Histogram – The ultimate guide of binning
About histogram
“A graphical representation, similar to a bar chart in structure, that organizes a group of data points into user-specified ranges. The histogram condenses a data series into an easily interpreted visual by taking many data points and grouping them into logical ranges or bins.” – according to investopedia.com
It’s obvious that histogram is the most useful tool to say something about a bunch of numeric values. Compared to other summarising methods, it has the richest descriptive power while it is still the fastest way to interpret because human brain prefers visual perception. But if you are not careful enough, viewers won’t understand it, or you may fail to get the most out of it. Especially it is very important to specify an optimal bin size.
Why choose it?
If you have a set of data values, like
- ages of your customers
- revenues by months
- website visitors’ visit times
- number of sold cars by agents
or any important numbers related to your business. It’s likely that you want to share these with your boss or co-workers so that you can build a better business together based on the information contained in these data. You are supposed to share the information in a compact way because nobody wants to read numeric values one by one.
Alternatives are wrong
Suppose you have a set of numbers: 1; 23; 24; 25; 25; 25; 26; 27; 30; 32; 999
Mean: 112.45
Very sensitive to outliers, almost all real-world data have outliers, so it can be very misleading.
Median: 25
It doesn’t tell you anything about the distribution.
Full range: 1 – 999
Just shows you the outliers.
Standard deviation: 294.1436
Hard to be interpreted without non-statistical background.
Variance: 86520.47
Hard to be interpreted without non-statistical background.
Interquartile range (IQR): 24.5 – 28.5
Central 50% range of your values doesn’t tell you anything about the rest 50%.
Which do you think describes the numbers better? None of them, because these numeric summarising techniques don’t include any information about spikes, nor the shape of the distribution.
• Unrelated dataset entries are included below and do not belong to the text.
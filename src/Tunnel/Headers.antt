-- ===== src/Tunnel/Headers.antt =====
-- The helpers of the proxied streams in src/tunnel.rs.
use argo_rust.Base.{
  List, [], ◌∷◌, ◌++◌, some_or, and_then, Str, codes, str_eq, decimal, Result, ok, err, ok_or,
  ◌>>=◌, if◌then◌else◌,
}
use argo_rust.CapnpRpc.Bytes.{Bytes}
use argo_rust.Http.{HeaderMap, Uri, HttpLib}
use argo_rust.Origin.{crlf}

abbrev pub hdr_upgrade : Str
hdr_upgrade = codes "cf-cloudflared-proxy-connection-upgrade"

abbrev pub hdr_resp_headers : Str
hdr_resp_headers = codes "cf-cloudflared-proxy-response-headers"

abbrev pub control_stream_val : Str
control_stream_val = codes "control-stream"

abbrev pub content_length : Str
content_length = codes "content-length"

-- The chunks of a body, of which the ones that failed are passed over.
unfoldable pub drain_body : List (Result Str Bytes) → Bytes
drain_body [] = []
drain_body (ok bytes ∷ chunks) = bytes ++ drain_body chunks
drain_body (err e ∷ chunks) = drain_body chunks

-- `join("\r\n")`.
abbrev pub join_lines : List Str → Str
join_lines [] = []
join_lines (line ∷ []) = line
join_lines (line ∷ next ∷ lines) = line ++ (crlf ++ join_lines (next ∷ lines))

module _ (lib : HttpLib) where
  unfoldable pub rewrite_uri : Uri → Str → Result Str Uri
  unfolding decimal
  rewrite_uri original service_url = do
    base ← ok_or (lib.parse_url service_url) (codes "invalid URL")
    let path = some_or original.path_and_query (codes "/")
    let host = some_or base.host_str (codes "127.0.0.1")
    let port = some_or base.port_or_known_default 80
    ok_or
        (lib.parse_uri
          (base.scheme ++ (codes "://" ++ (host ++ (codes ":" ++ (decimal port ++ path))))))
        (codes "invalid URI")

  abbrev pub shown : Str × Bytes → Str
  shown (k, v) = k ++ (codes ": " ++ some_or (lib.to_str v) [])

  unfoldable pub shown_headers : HeaderMap → List Str
  shown_headers [] = []
  shown_headers ((k, v) ∷ headers) =
      let rest = shown_headers headers in
      if str_eq k content_length then rest else shown (k, v) ∷ rest

  unfoldable pub serialize_headers : HeaderMap → Str
  unfolding shown_headers
  serialize_headers headers = join_lines (shown_headers headers)

  -- `headers().get(name).and_then(|v| v.to_str().ok()).unwrap_or("")`
  abbrev pub header_text : HeaderMap → Str → Str
  header_text headers name = some_or (and_then (lib.get headers name) (λ v. lib.to_str v)) []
Therefore you should use a histogram in any case.
Bin carefully
Histograms are column-charts, where each column represents a range of the values, and the height of a column corresponds to the count of how many values are in that range.
Bin width, bins count
The wider ranges (bin width) you use, the less number of columns (bins) you have
numberofbins = ceil( (maximumvalue - minimumvalue) / binwidth )
Too wide bin widths can hide important details about distribution, while too narrow bin widths can cause a lot of noise, it also can hide important information about the distribution.
Widths of bins should be equal, and you should only use pretty values like 1, 2, 5, 10, 20, 25, 50, 100, … so that it can be easier for the viewer to interpret it.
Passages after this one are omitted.